-- ===== src/Devnet/Shell/Laws.antt =====
-- A shell reads the wrapper scripts as the commands that they were written for.
use tempo_py.Prelude.{
  ℕ, ◌==◌, ◌≡◌, refl, sym, ◌∙◌, ap, Bool, true, false, List, [], ◌∷◌, ◌++◌, append_assoc,
  append-nil, none, some, ok, Bool-cases, ==_iff, inl, inr,
}
use tempo_py.Python.Bytes.{Str, codes}
use tempo_py.Python.Text.{join}
use tempo_py.Python.Text.Laws.{join-append}
use tempo_py.Devnet.Shell.{
  newline, apostrophe, escape, sh_quote, arg_lines, preamble, run_script_content,
}
use tempo_py.Devnet.Shell.Words.{scan, kind, plain, quoted, finish}

escape-other : (c : ℕ) (s : Str) → (c == 39) ≡ false → escape (c ∷ s) ≡ c ∷ escape s
unfolding escape
escape-other c s e = rw e

escape-apostrophe :
    (c : ℕ) (s : Str)
    → (c == 39) ≡ true
    → escape (c ∷ s) ≡ apostrophe ∷ 92 ∷ apostrophe ∷ apostrophe ∷ escape s
unfolding escape
escape-apostrophe c s e = rw e

scan_other :
    (c : ℕ) (w s : Str)
    → (c == 39) ≡ false
    → scan quoted (some w) (c ∷ s) ≡ scan quoted (some (w ++ (c ∷ []))) s
unfolding scan
scan_other c w s e = rw (scan, e) refl

scan-escape :
    (s w rest : Str)
    → scan quoted (some w) (escape s ++ (apostrophe ∷ rest)) ≡ scan plain (some (w ++ s)) rest
unfolding scan kind
scan-escape [] w rest = unfold escape in ap (λ v. scan plain (some v) rest) (sym (append-nil w))
scan-escape (c ∷ s) w rest = elim (Bool-cases (c == 39)) [
  | inl e ↦ rw (escape-apostrophe c s e) (
      scan-escape s (w ++ (39 ∷ [])) rest
      ∙ ap (λ v. scan plain (some v) rest)
          (append_assoc w (39 ∷ []) s ∙ ap (λ (d : ℕ). w ++ (d ∷ s)) (sym ((==_iff c 39).0 e))))
  | inr e ↦ rw (escape-other c s e) (
      scan_other c w (escape s ++ (apostrophe ∷ rest)) e
      ∙ scan-escape s (w ++ (c ∷ [])) rest
      ∙ ap (λ v. scan plain (some v) rest) (append_assoc w (c ∷ []) s))
]

-- A quoted text is one word, whatever is in it.
pub scan-sh_quote : (s rest : Str) → scan plain none (sh_quote s ++ rest) ≡ scan plain (some s) rest
unfolding sh_quote scan kind
scan-sh_quote s rest =
    ap (scan quoted (some [])) (append_assoc (escape s) (apostrophe ∷ []) rest)
    ∙ scan-escape s [] rest

last_line : (a : Str) → arg_lines (a ∷ []) ++ newline ≡ 32 ∷ 32 ∷ (sh_quote a ++ newline)
unfolding arg_lines join
last_line a = refl

next_line :
    (a b : Str) (args : List Str)
    → arg_lines (a ∷ b ∷ args) ++ newline
      ≡ 32 ∷ 32 ∷ (sh_quote a ++ (32 ∷ 92 ∷ 10 ∷ (arg_lines (b ∷ args) ++ newline)))
unfolding arg_lines join
next_line a b args = ap (λ t. 32 ∷ 32 ∷ t) (append_assoc (sh_quote a) _ newline)

indented : (text : Str) → scan plain none (32 ∷ 32 ∷ text) ≡ scan plain none text
unfolding scan kind
indented text = refl

ended : (w : Str) → scan plain (some w) newline ≡ some (w ∷ [], [])
unfolding scan kind
ended w = refl

continued :
    (w text : Str)
    → scan plain (some w) (32 ∷ 92 ∷ 10 ∷ text) ≡ finish (some w) (scan plain none text)
unfolding scan kind
continued w text = refl

-- The lines of the arguments, with the line end behind them, are the arguments.
scan-arg_lines : (args : List Str) → scan plain none (arg_lines args ++ newline) ≡ some (args, [])
scan-arg_lines [] = unfold arg_lines join scan kind in refl
scan-arg_lines (a ∷ []) =
    ap (scan plain none) (last_line a)
    ∙ indented (sh_quote a ++ newline)
    ∙ scan-sh_quote a newline
    ∙ ended a
scan-arg_lines (a ∷ b ∷ args) =
    ap (scan plain none) (next_line a b args)
    ∙ indented (sh_quote a ++ _)
    ∙ scan-sh_quote a _
    ∙ continued a _
    ∙ ap (finish (some a)) (scan-arg_lines (b ∷ args))

command_text : Str → List Str → Str
command_text binary args =
    codes "exec " ++ (sh_quote binary ++ (32 ∷ 92 ∷ 10 ∷ (arg_lines args ++ newline)))

joined_lines :
    (binary : Str) (args : List Str)
    → join newline ((codes "exec " ++ (sh_quote binary ++ codes " \\")) ∷ arg_lines args ∷ [] ∷ [])
      ≡ command_text binary args
unfolding join command_text
joined_lines binary args =
    ap (λ t. codes "exec " ++ t) (append_assoc (sh_quote binary) (codes " \\") _)

exec_word :
    (text : Str)
    → scan plain none (codes "exec " ++ text) ≡ finish (some (codes "exec")) (scan plain none text)
unfolding scan kind
exec_word text = refl

scan-command_text :
    (binary : Str) (args : List Str)
    → scan plain none (command_text binary args) ≡ some (codes "exec" ∷ binary ∷ args, [])
unfolding command_text
scan-command_text binary args =
    exec_word (sh_quote binary ++ _)
    ∙ ap (finish (some (codes "exec"))) (
        scan-sh_quote binary _
        ∙ continued binary _
        ∙ ap (finish (some binary)) (scan-arg_lines args))

-- A script for a nonempty argument list consists of its preamble, a line end, and a text that a
-- shell reads as one command: `exec` with exactly these arguments, whatever characters are in them.
pub scan-run_script_content :
    (binary : Str) (args : List Str) (tag : Str) (include_set_eu : Bool)
    → (command : Str) × (run_script_content (binary ∷ args) tag include_set_eu
        ≡ ok (join newline (preamble tag include_set_eu) ++ (newline ++ command)))
      × (scan plain none command ≡ some (codes "exec" ∷ binary ∷ args, []))
unfolding run_script_content preamble
scan-run_script_content binary args tag include_set_eu = (
  command_text binary args,
  ap ok (
      join-append newline _ _ _ _
      ∙ ap (λ t. join newline (preamble tag include_set_eu) ++ (newline ++ t))
          (joined_lines binary args)),
  scan-command_text binary args,
)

------------

> **What is being asked**: Begin with the line holding "join-append newline _ _ _ _" and end with the last line of the material. Copy all of them exactly.

> **Result for this task**:
      join-append newline _ _ _ _
      ∙ ap (λ t. join newline (preamble tag include_set_eu) ++ (newline ++ t))
          (joined_lines binary args)),
  scan-command_text binary args,
)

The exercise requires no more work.